module _ {D : Type 0} where
  abbrev pub count : String → ℕ → Receiver D → Receiver D
  count key amount r = record r { tracker = tally key amount r.tracker }

  abbrev pub add_rtx :
      MediaType × Codec × ℕ
      → DecodedRtpPacket
      → Option DecodedRtpPacket
      → Receiver D
      → Option Classified × Receiver D
  add_rtx (media_type, codec, associated) decoded none r = (none, count "rtx_packets_too_short" 1 r)
  add_rtx (media_type, codec, associated) decoded (some carried) r = (
    some (record {
      media_type = media_type;
      codec = codec;
      decoded = carried;
      rtx = true;
      rtx_ssrc = some decoded.ssrc;
      rtx_payload_type = some decoded.payload_type;
    }),
    r,
  )

  abbrev pub add_primary :
      Option (MediaType × Codec) → DecodedRtpPacket → Receiver D → Option Classified × Receiver D
  add_primary none decoded r = (none, r)
  add_primary (some (media_type, codec)) decoded r = (
    some (record {
      media_type = media_type;
      codec = codec;
      decoded = decoded;
      rtx = false;
      rtx_ssrc = none;
      rtx_payload_type = none;
    }),
    elim media_type [ video ↦ count "primary_packets_received" 1 r | audio ↦ r ],
  )

  -- The codec lookup of `_decode_decoded_media_packet`, by the entry of the RTX table
  unfoldable pub classify_by :
      Lookups
      → Option (MediaType × Codec × ℕ)
      → DecodedRtpPacket
      → Receiver D
      → Option Classified × Receiver D
  unfolding unwrap_rtx
  classify_by l none decoded r = add_primary (get decoded.payload_type l.payload_types) decoded r
  classify_by l (some (media_type, codec, associated)) decoded r =
      add_rtx (media_type, codec, associated) decoded
        (unwrap_rtx l.rtx_ssrc_media_ssrcs associated decoded) (count "rtx_packets_received" 1 r)

  unfoldable pub classify : Lookups → DecodedRtpPacket → Receiver D → Option Classified × Receiver D
  unfolding classify_by
  classify l decoded r =
      classify_by l
        (if r.tracker.rtx_enabled then get decoded.payload_type l.rtx_payload_types else none)
        decoded r

  -- `_maybe_send_startup_video_pli`
  unfoldable pub maybe_send_startup_video_pli : Codec → ℕ → Receiver D → Receiver D
  maybe_send_startup_video_pli codec ssrc r =
      if not (has_parameter_sets codec) || elem ssrc r.startup_plis then r else record r {
        startup_plis = ssrc ∷ r.startup_plis;
        tracker = emit (send_video_pli r.tracker.ssrc ssrc) r.tracker;
      }

  -- The counter of the receiver reports goes up where one is sent.
  abbrev pub record_receipt : List Packet × Reports → Receiver D → Receiver D
  record_receipt ([], reports) r = record r { reports = reports }
  record_receipt (p ∷ packets, reports) r = record r {
    reports = reports;
    tracker = emit (p ∷ packets) (tally "rtcp_receiver_reports_sent" 1 r.tracker);
  }

  -- The receiver report that a primary packet may cause
  unfoldable pub report_receipt : ℕ → DecodedRtpPacket → ℕ → ℕ → Receiver D → Receiver D
  unfolding maybe_send_video_rtcp_receiver_report
  report_receipt ssrc decoded received_at now r =
      record_receipt
        (maybe_send_video_rtcp_receiver_report r.tracker.ssrc ssrc decoded.sequence
          decoded.timestamp received_at now r.reports)
        r

  abbrev pub time_of : Receiver D → ℕ → DecodedRtpPacket → ℕ → Option RtcpTime
  time_of r wall decoded ssrc =
      rtcp_time_for_packet r.reports.sender_reports ssrc decoded.timestamp decoded.rtp_extensions
        wall

  -- A frame that cannot be opened yet goes to the queue.
  abbrev pub stash : ℕ → ReceivedVideoPacket → Bytes → List RtpPacket → Receiver D → Receiver D
  stash now packet payload rtp_packets r = record r {
    pending_dave_video_frames =
        stash_dave_video_frame now
          (record {
            decoded = packet.decoded;
            codec = packet.codec;
            ssrc = packet.ssrc;
            user_id = packet.user_id;
            raw = packet.raw;
            payload = payload;
            rtp_packets = rtp_packets;
            received_at = packet.received_at;
            queued_at = now;
          })
          r.pending_dave_video_frames;
  }

  -- The end of `_decode_video_frame`, by the outcome of the decryption
  unfoldable pub finish_frame :
      ℕ
      → ℕ
      → ReceivedVideoPacket
      → Bytes
      → List RtpPacket
      → Bool
      → Decrypted
      → Receiver D
      → List MediaPacket × Receiver D
  unfolding is_retryable_dave_decrypt_error
  finish_frame wall now packet frame rtp_packets looks_like_dave (decrypted payload) r = (
    make_video_media_packet packet.decoded packet.codec packet.ssrc packet.user_id packet.raw
          payload rtp_packets packet.received_at (time_of r wall packet.decoded packet.ssrc)
        ∷ [],
    r,
  )
  finish_frame wall now packet frame rtp_packets looks_like_dave (raised message) r =
      if looks_like_dave && is_retryable_dave_decrypt_error message
      then ([], stash now packet frame rtp_packets r)
      else ([], count "video_frame_decrypt_failures" 1 r)

  -- `_decode_video_frame`, by what the depacketizer returned
  unfoldable pub after_depacketizer :
      Lookups
      → ℕ
      → ℕ
      → ReceivedVideoPacket
      → List RtpPacket
      → Option Bytes
      → Receiver D
      → List MediaPacket × Receiver D
  unfolding finish_frame looks_like_dave_protocol_frame can_attempt_with decrypt_with
  after_depacketizer l wall now packet rtp_packets none r =
      let key : ℕ × ℕ = (packet.ssrc, packet.decoded.payload_type) in
      if packet.decoded.marker
      then (
        [],
        count "video_frames_dropped_at_marker" 1
            (record r { frame_rtp_packets = put key [] r.frame_rtp_packets }),
      )
      else ([], count "video_frame_packets_buffered" 1 r)
  after_depacketizer l wall now packet rtp_packets (some frame) r =
      let key : ℕ × ℕ = (packet.ssrc, packet.decoded.payload_type) in
      let r1 = record r { frame_rtp_packets = put key [] r.frame_rtp_packets } in
      let looks_like_dave = looks_like_dave_protocol_frame frame in
      if looks_like_dave && not (can_attempt_video_dave_decrypt l.dave packet.user_id)
      then ([], stash now packet frame rtp_packets r1)
      else finish_frame wall now packet frame rtp_packets looks_like_dave
          (decrypt_video_frame l.dave packet.user_id frame) r1

  -- The depacketizer of a stream, or a new one where there is none yet
  abbrev pub depacketizer_or : Option D → Option D → Option D
  depacketizer_or new none = new
  depacketizer_or new (some d) = some d

  -- `_decode_video_frame`, by what `push_packet` returned or raised
  abbrev pub after_push :
      Lookups
      → ℕ
      → ℕ
      → ReceivedVideoPacket
      → List RtpPacket
      → Result BatchError (Option Bytes)
      → Receiver D
      → Batch × Receiver D
  after_push l wall now packet rtp_packets (err e) r = (err e, r)
  after_push l wall now packet rtp_packets (ok frame) r =
      let (out, r') = after_depacketizer l wall now packet rtp_packets frame r in (ok out, r')

  -- `_decode_video_frame`, by the depacketizer
  abbrev pub decode_with :
      Depacketizer D
      → Lookups
      → ℕ
      → ℕ
      → ReceivedVideoPacket
      → Option D
      → Receiver D
      → Batch × Receiver D
  decode_with native l wall now packet none r = (err unsupported_codec, r)
  decode_with native l wall now packet (some depacketizer) r =
      let key : ℕ × ℕ = (packet.ssrc, packet.decoded.payload_type) in
      let rtp_packets = packets_or_none (get key r.frame_rtp_packets) ++ (packet.rtp_packet ∷ []) in
      let (frame, depacketizer') = native.push_packet depacketizer packet.decoded in
      after_push l wall now packet rtp_packets frame (record r {
        depacketizers = put key depacketizer' r.depacketizers;
        frame_rtp_packets = put key rtp_packets r.frame_rtp_packets;
      })

  unfoldable pub decode_video_frame :
      Depacketizer D → Lookups → ℕ → ℕ → ReceivedVideoPacket → Receiver D → Batch × Receiver D
  unfolding after_depacketizer
  decode_video_frame native l wall now packet r =
      let key : ℕ × ℕ = (packet.ssrc, packet.decoded.payload_type) in
      decode_with native l wall now packet
        (depacketizer_or (native.make packet.codec) (get key r.depacketizers)) r

  -- The loop of `_decode_video_packets` over the packets that are ready
  unfoldable pub decode_ready :
      Depacketizer D → Lookups → ℕ → ℕ → List ReceivedVideoPacket → Receiver D → Batch × Receiver D
  unfolding decode_video_frame
  decode_ready native l wall now [] r = (ok [], r)
  decode_ready native l wall now (packet ∷ packets) r =
      and_then
        (decode_video_frame native l wall now packet (count "video_packets_reorder_ready" 1 r))
        (λ out r1.
          decode_ready native l wall now packets
            (if is_empty out then r1 else count "video_frames_completed" 1 r1))

  unfoldable pub decode_video_packets :
      Depacketizer D → Lookups → ℕ → ℕ → ReceivedVideoPacket → Receiver D → Batch × Receiver D
  unfolding decode_ready push
  decode_video_packets native l wall now received r =
      let key : ℕ × ℕ = (received.ssrc, received.decoded.payload_type) in
      let out = push now received (buffer_or l (get key r.reorder_buffers)) in
      if r.tracker.rtx_enabled
      then decode_ready native l wall now out.0
          (record r { reorder_buffers = put key out.1 r.reorder_buffers })
      else decode_ready native l wall now (received ∷ []) r

  -- The end of `_decode_decoded_media_packet` for an audio packet. `payload_type` is the one on the
  -- wire.
  unfoldable pub decode_audio :
      Lookups
      → ℕ
      → ℕ
      → ℕ
      → Classified
      → Option ℕ
      → Bytes
      → RtpPacket
      → Receiver D
      → List MediaPacket
  unfolding audio_payload is_unencrypted_opus_silence_payload audio_speaking_flags_from_extensions
  decode_audio l wall received_at payload_type c user_id raw rtp_packet r =
      let decoded = c.decoded in
      let silence = is_unencrypted_opus_silence_payload l.opus_silence decoded.payload in
      elim (audio_payload l.dave (if silence then none else l.dave.session) user_id
        decoded.payload) [
          | none ↦ []
          | some payload ↦
              record {
                media_type = audio;
                codec = c.codec;
                payload = payload;
                payload_type = payload_type;
                marker = decoded.marker;
                sequence = decoded.sequence;
                timestamp = decoded.timestamp;
                ssrc = decoded.ssrc;
                user_id = user_id;
                raw = raw;
                extension_payload = decoded.extension_payload;
                rtp_extended = decoded.extended;
                rtp_extensions = decoded.rtp_extensions;
                rtp_packets = rtp_packet ∷ [];
                received_at = some received_at;
                rtcp_time = time_of r wall decoded decoded.ssrc;
                speaking_flags = some (
                    if silence
                    then 0
                    else audio_speaking_flags_from_extensions l.flags decoded.rtp_extensions);
                audio_level = rtp_packet.audio_level;
                audio_voice_activity = rtp_packet.audio_voice_activity;
              }
              ∷ []
        ]

  -- What happens to the receiver when a video packet arrives, before it is decoded
  unfoldable pub note_video : ℕ → ℕ → Classified → Receiver D → Receiver D
  unfolding maybe_send_startup_video_pli report_receipt track_video_receive_sequence
  note_video received_at now c r =
      let ssrc = c.decoded.ssrc in
      let r1 = maybe_send_startup_video_pli c.codec ssrc (count "video_packets_received" 1 r) in
      let r2 = if c.rtx then r1 else report_receipt ssrc c.decoded received_at now r1 in
      record r2 {
        tracker = track_video_receive_sequence ssrc c.decoded.sequence c.rtx now r2.tracker;
      }

  -- `_decode_decoded_media_packet` of a packet that was classified, by its media type
  unfoldable pub decode_classified :
      Depacketizer D
      → Lookups
      → ℕ
      → ℕ
      → ℕ
      → ℕ
      → Bytes
      → MediaType
      → Classified
      → Receiver D
      → Batch × Receiver D
  unfolding note_video decode_video_packets decode_audio rtp_packet_from_decoded
  decode_classified native l wall now received_at payload_type raw media_type c r =
      let user_id = get c.decoded.ssrc l.ssrc_user_ids in
      let rtp_packet =
        rtp_packet_from_decoded c.decoded media_type c.codec c.decoded.ssrc user_id raw c.rtx
          c.rtx_ssrc c.rtx_payload_type in
      elim media_type [
        | video ↦
            decode_video_packets native l wall now
              (record {
                decoded = c.decoded;
                codec = c.codec;
                ssrc = c.decoded.ssrc;
                user_id = user_id;
                raw = raw;
                rtp_packet = rtp_packet;
                received_at = received_at;
              })
              (note_video received_at now c r)
        | audio ↦ (ok (decode_audio l wall received_at payload_type c user_id raw rtp_packet r), r)
      ]

  unfoldable pub decode_if_known :
      Depacketizer D
      → Lookups
      → ℕ
      → ℕ
      → ℕ
      → ℕ
      → Bytes
      → Option Classified
      → Receiver D
      → Batch × Receiver D
  unfolding decode_classified
  decode_if_known native l wall now received_at payload_type raw none r = (ok [], r)
  decode_if_known native l wall now received_at payload_type raw (some c) r =
      decode_classified native l wall now received_at payload_type raw c.media_type c r

  unfoldable pub decode_decoded_media_packet :
      Depacketizer D
      → Lookups
      → ℕ
      → ℕ
      → ℕ
      → Bytes
      → DecodedRtpPacket
      → Receiver D
      → Batch × Receiver D
  unfolding classify decode_if_known
  decode_decoded_media_packet native l wall now received_at raw decoded r =
      let (known, r1) = classify l decoded r in
      decode_if_known native l wall now received_at decoded.payload_type raw known r1

  unfoldable pub decode_each :
      Depacketizer D
      → Lookups
      → ℕ
      → ℕ
      → ℕ
      → List (Bytes × DecodedRtpPacket)
      → Receiver D
      → Batch × Receiver D
  unfolding decode_decoded_media_packet
  decode_each native l wall now received_at [] r = (ok [], r)
  decode_each native l wall now received_at ((raw, decoded) ∷ rest) r =
      and_then (decode_decoded_media_packet native l wall now received_at raw decoded r)
        (λ _ r1. decode_each native l wall now received_at rest r1)

  -- `_decode_media_packets`, of a batch that `decrypt_rtp_packets` decrypted
  unfoldable pub decode_media_packets :
      Depacketizer D
      → Lookups
      → ℕ
      → ℕ
      → ℕ
      → List (Bytes × DecodedRtpPacket)
      → Receiver D
      → Batch × Receiver D
  unfolding decode_each retry_pending_dave_video_frames
  decode_media_packets native l wall now received_at batch r =
      let (ready, waiting) =
        retry_pending_dave_video_frames l.dave (time_of r wall) now r.pending_dave_video_frames in
      let (packets, r1) =
        decode_each native l wall now received_at batch
          (record r { pending_dave_video_frames = waiting }) in
      (map_ok (λ more. ready ++ more) packets, r1)

  -- `_handle_socket_packets`, up to the calls of the callback: a batch that raised gives no packets
  unfoldable pub handle_socket_packets :
      Depacketizer D
      → Lookups
      → ℕ
      → ℕ
      → ℕ
      → List (Bytes × DecodedRtpPacket)
      → Receiver D
      → List MediaPacket × Receiver D
  unfolding decode_media_packets
  handle_socket_packets native l wall now received_at batch r =
      let (packets, r1) = decode_media_packets native l wall now received_at batch r in
      (packets_of packets, r1)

What this task involves> Lines after the one containing "add_rtx (media_type, codec, associated) decoded none" are left out; every line from the start of the entries through that line is restated word for word.

Answer below>
module _ {D : Type 0} where
  abbrev pub count : String → ℕ → Receiver D → Receiver D
  count key amount r = record r { tracker = tally key amount r.tracker }

  abbrev pub add_rtx :
      MediaType × Codec × ℕ
      → DecodedRtpPacket
      → Option DecodedRtpPacket
      → Receiver D
      → Option Classified × Receiver D
  add_rtx (media_type, codec, associated) decoded none r = (none, count "rtx_packets_too_short" 1 r)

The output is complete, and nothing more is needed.